PROBLEM REQUIREMENTS: For the records below, report how many lines include "trans", with no accompanying text.

PROVIDED DATA:
-- ===== src/Host/Link/Credit.antt =====
-- Credit that the peer grants, and the terms that it settles.
use wl_hosted_core.Prelude.{
  ℕ, suc, ◌+◌, ◌-◌, ◌%◌, ◌≤◌, ◌<◌, ◌≡◌, ◌∙◌, ap, arith, Bool, true, ◌&&◌, List, [], ◌∷◌, some, ◌==◌,
  if◌then◌else◌, Bool-cases, lt→ltb, inl, inr, update, min,
}
use native.Mathlib.Nat.{add-mod_right, mod-eq_of_lt}
use wl_hosted_core.Prelude.Word.{u32_max}
use wl_hosted_core.Protocol.Ids.{frame_header_size, frame_max_size, raw_record_header_size}
use wl_hosted_core.Protocol.Ids.Channel
use wl_hosted_core.Host.Types.{HostState, Call, Platform, Host, channel_count, max_hci_packet}
use wl_hosted_core.Host.Types.Messages.{CreditUpdate, ChannelCapability, HelloResponse}
use wl_hosted_core.Host.Effects.{same_state}
use wl_hosted_core.Host.Effects.Kept.{KeptTx, KeptTx-trans, set_state-KeptTx, state-set_state}
use wl_hosted_core.Host.Link.{saturating_add, notify_usable, grant_credit, handle_decoded_credit}
use wl_hosted_core.Host.Link.Negotiate.{
  hci_record_limit, bluetooth_terms, size_difference, ota_terms,
}

notify_usable-KeptTx :
    (listening : Bool) (call : Call) (inflight old updated : ℕ) (h : Host)
    → KeptTx h (notify_usable listening call inflight old updated h)
unfolding notify_usable
notify_usable-KeptTx listening call inflight old updated h = ground arith

state-notify_usable :
    (listening : Bool) (call : Call) (inflight old updated : ℕ) (h : Host)
    → (notify_usable listening call inflight old updated h).state ≡ h.state
unfolding notify_usable
state-notify_usable listening call inflight old updated h = ground arith

module _ (p : Platform) (h : Host) (credit : CreditUpdate) where
  abbrev notified : Host
  notified =
      let channel = credit.channel_id in
      let old = h.tx_credit channel in
      let updated = saturating_add old credit.units in
      notify_usable (channel == Channel.ota_stream && (h.config).has_ota_tx_ready) Call.ota_tx_ready
        h.ota_tx_inflight old updated
        (notify_usable (channel == Channel.bluetooth_hci && (h.config).has_hci_tx_ready)
          Call.hci_tx_ready h.bluetooth_tx_inflight old updated
          (record h { tx_credit = update h.tx_credit channel updated }))

  abbrev credited : Host
  credited = record h {
    tx_credit =
        update h.tx_credit credit.channel_id
          (saturating_add (h.tx_credit credit.channel_id) credit.units);
  }

  notified-KeptTx : KeptTx credited notified
  notified-KeptTx =
      let channel = credit.channel_id in
      let old = h.tx_credit channel in
      let updated = saturating_add old credit.units in
      let h2 =
        notify_usable (channel == Channel.bluetooth_hci && (h.config).has_hci_tx_ready)
          Call.hci_tx_ready h.bluetooth_tx_inflight old updated credited in
      KeptTx-trans credited h2 notified
        (notify_usable-KeptTx (channel == Channel.bluetooth_hci && (h.config).has_hci_tx_ready)
          Call.hci_tx_ready h.bluetooth_tx_inflight old updated credited)
        (notify_usable-KeptTx (channel == Channel.ota_stream && (h.config).has_ota_tx_ready)
          Call.ota_tx_ready h.ota_tx_inflight old updated h2)

  state-notified : notified.state ≡ h.state
  state-notified =
      let channel = credit.channel_id in
      let old = h.tx_credit channel in
      let updated = saturating_add old credit.units in
      let h2 =
        notify_usable (channel == Channel.bluetooth_hci && (h.config).has_hci_tx_ready)
          Call.hci_tx_ready h.bluetooth_tx_inflight old updated credited in
      state-notify_usable (channel == Channel.ota_stream && (h.config).has_ota_tx_ready)
        Call.ota_tx_ready h.ota_tx_inflight old updated h2
      ∙ state-notify_usable (channel == Channel.bluetooth_hci && (h.config).has_hci_tx_ready)
          Call.hci_tx_ready h.bluetooth_tx_inflight old updated credited

  tx_credit-grant_credit : (grant_credit p h credit).tx_credit ≡ credited.tx_credit
  unfolding grant_credit
  tx_credit-grant_credit = elim (Bool-cases (same_state h.state HostState.congested)) [
    | inl congested ↦
        rw congested
          ((set_state-KeptTx p notified HostState.ready).tx_credit ∙ notified-KeptTx.tx_credit)
    | inr clear ↦ rw clear notified-KeptTx.tx_credit
  ]

  -- A grant ends congestion and changes no other state.
  state-grant_credit :
      (grant_credit p h credit).state
      ≡ (if same_state h.state HostState.congested then HostState.ready else h.state)
  unfolding grant_credit
  state-grant_credit = elim (Bool-cases (same_state h.state HostState.congested)) [
    | inl congested ↦ rw congested (state-set_state p notified HostState.ready)
    | inr clear ↦ rw clear state-notified
  ]

saturating_add-min :
    (old units : ℕ) → old ≤ u32_max → saturating_add old units ≡ min u32_max (old + units)
saturating_add-min old units small = ground arith

-- A decoded credit update for one of the host's channels raises that channel's credit by its units,
-- up to the largest 32-bit number, leaves every other channel's credit, and makes a congested host
-- ready; any other state stays. The credit is at most the largest 32-bit number before.
pub handle_decoded_credit_lem :
    (p : Platform) (h : Host) (credit : CreditUpdate)
    → credit.channel_id < channel_count
    → h.tx_credit credit.channel_id ≤ u32_max
    → ((handle_decoded_credit p h (some credit)).tx_credit
        ≡ update h.tx_credit credit.channel_id
            (min u32_max (h.tx_credit credit.channel_id + credit.units)))
      × ((handle_decoded_credit p h (some credit)).state
          ≡ (if same_state h.state HostState.congested then HostState.ready else h.state))
unfolding handle_decoded_credit
handle_decoded_credit_lem p h credit bound small =
    rw (lt→ltb credit.channel_id channel_count bound) (
      tx_credit-grant_credit p h credit
          ∙ ap (λ (n : ℕ). update h.tx_credit credit.channel_id n)
              (saturating_add-min (h.tx_credit credit.channel_id) credit.units small),
      state-grant_credit p h credit,
    )

hci_record_limit-le :
    (channels : List ChannelCapability) (limit : ℕ) → hci_record_limit channels limit ≤ limit
unfolding hci_record_limit
hci_record_limit-le [] limit = omega arith
hci_record_limit-le (c ∷ rest) limit =
    ground (arith, hci_record_limit-le rest c.max_frame_payload, hci_record_limit-le rest limit)

-- Where Bluetooth is supported, a record of the settled length fits with both headers into a frame
-- of either side, and into a Bluetooth packet buffer.
pub bluetooth_terms-fit :
    (max_frame_size : ℕ) (hello : HelloResponse)
    → (bluetooth_terms max_frame_size hello).0 ≡ true
    → (frame_header_size + raw_record_header_size + (bluetooth_terms max_frame_size hello).1
        ≤ min max_frame_size hello.max_frame_size)
      × ((bluetooth_terms max_frame_size hello).1 ≤ max_hci_packet)
unfolding bluetooth_terms
bluetooth_terms-fit max_frame_size hello supported =
    ground (arith, hci_record_limit-le hello.channels max_hci_packet)

-- A difference of two `size_t` that does not wrap.
size_difference_exact :
    (size_max a b : ℕ) → b ≤ a → a ≤ size_max → size_difference size_max a b ≡ a - b
size_difference_exact size_max a b below fits =
    let shifted : a + suc size_max - b ≡ a - b + suc size_max = omega arith in
    ap (λ (k : ℕ). k % suc size_max) shifted
    ∙ (add-mod_right (a - b) (suc size_max) ∙ mod-eq_of_lt (omega arith))

payload_limit_exact :
    (size_max max_frame_size : ℕ)
    → frame_header_size + raw_record_header_size ≤ max_frame_size
    → max_frame_size ≤ size_max
    → size_difference size_max
        (size_difference size_max max_frame_size frame_header_size)
        raw_record_header_size
      ≡ max_frame_size - frame_header_size - raw_record_header_size
payload_limit_exact size_max max_frame_size room fits =
    rw (size_difference_exact size_max max_frame_size frame_header_size (omega arith) fits) (
      size_difference_exact size_max (max_frame_size - frame_header_size) raw_record_header_size
        (omega arith) (omega arith))

-- Where OTA is supported, and the host's own frames hold both headers and are no longer than the
-- protocol allows, a record of the settled length fits with both headers into a frame of the host,
-- and is long enough for the header of an OTA record.
pub ota_terms-fit :
    (size_max max_frame_size : ℕ) (hello : HelloResponse)
    → frame_max_size ≤ size_max
    → frame_header_size + raw_record_header_size ≤ max_frame_size
    → max_frame_size ≤ frame_max_size
    → (ota_terms size_max max_frame_size hello).0 ≡ true
    → (frame_header_size + raw_record_header_size + (ota_terms size_max max_frame_size hello).1
        ≤ max_frame_size)
      × (16 ≤ (ota_terms size_max max_frame_size hello).1)
unfolding ota_terms
ota_terms-fit size_max max_frame_size hello wide room limit supported =
    let exact = payload_limit_exact size_max max_frame_size room (omega arith) in
    ground (arith, exact)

TASK OUTPUT: 2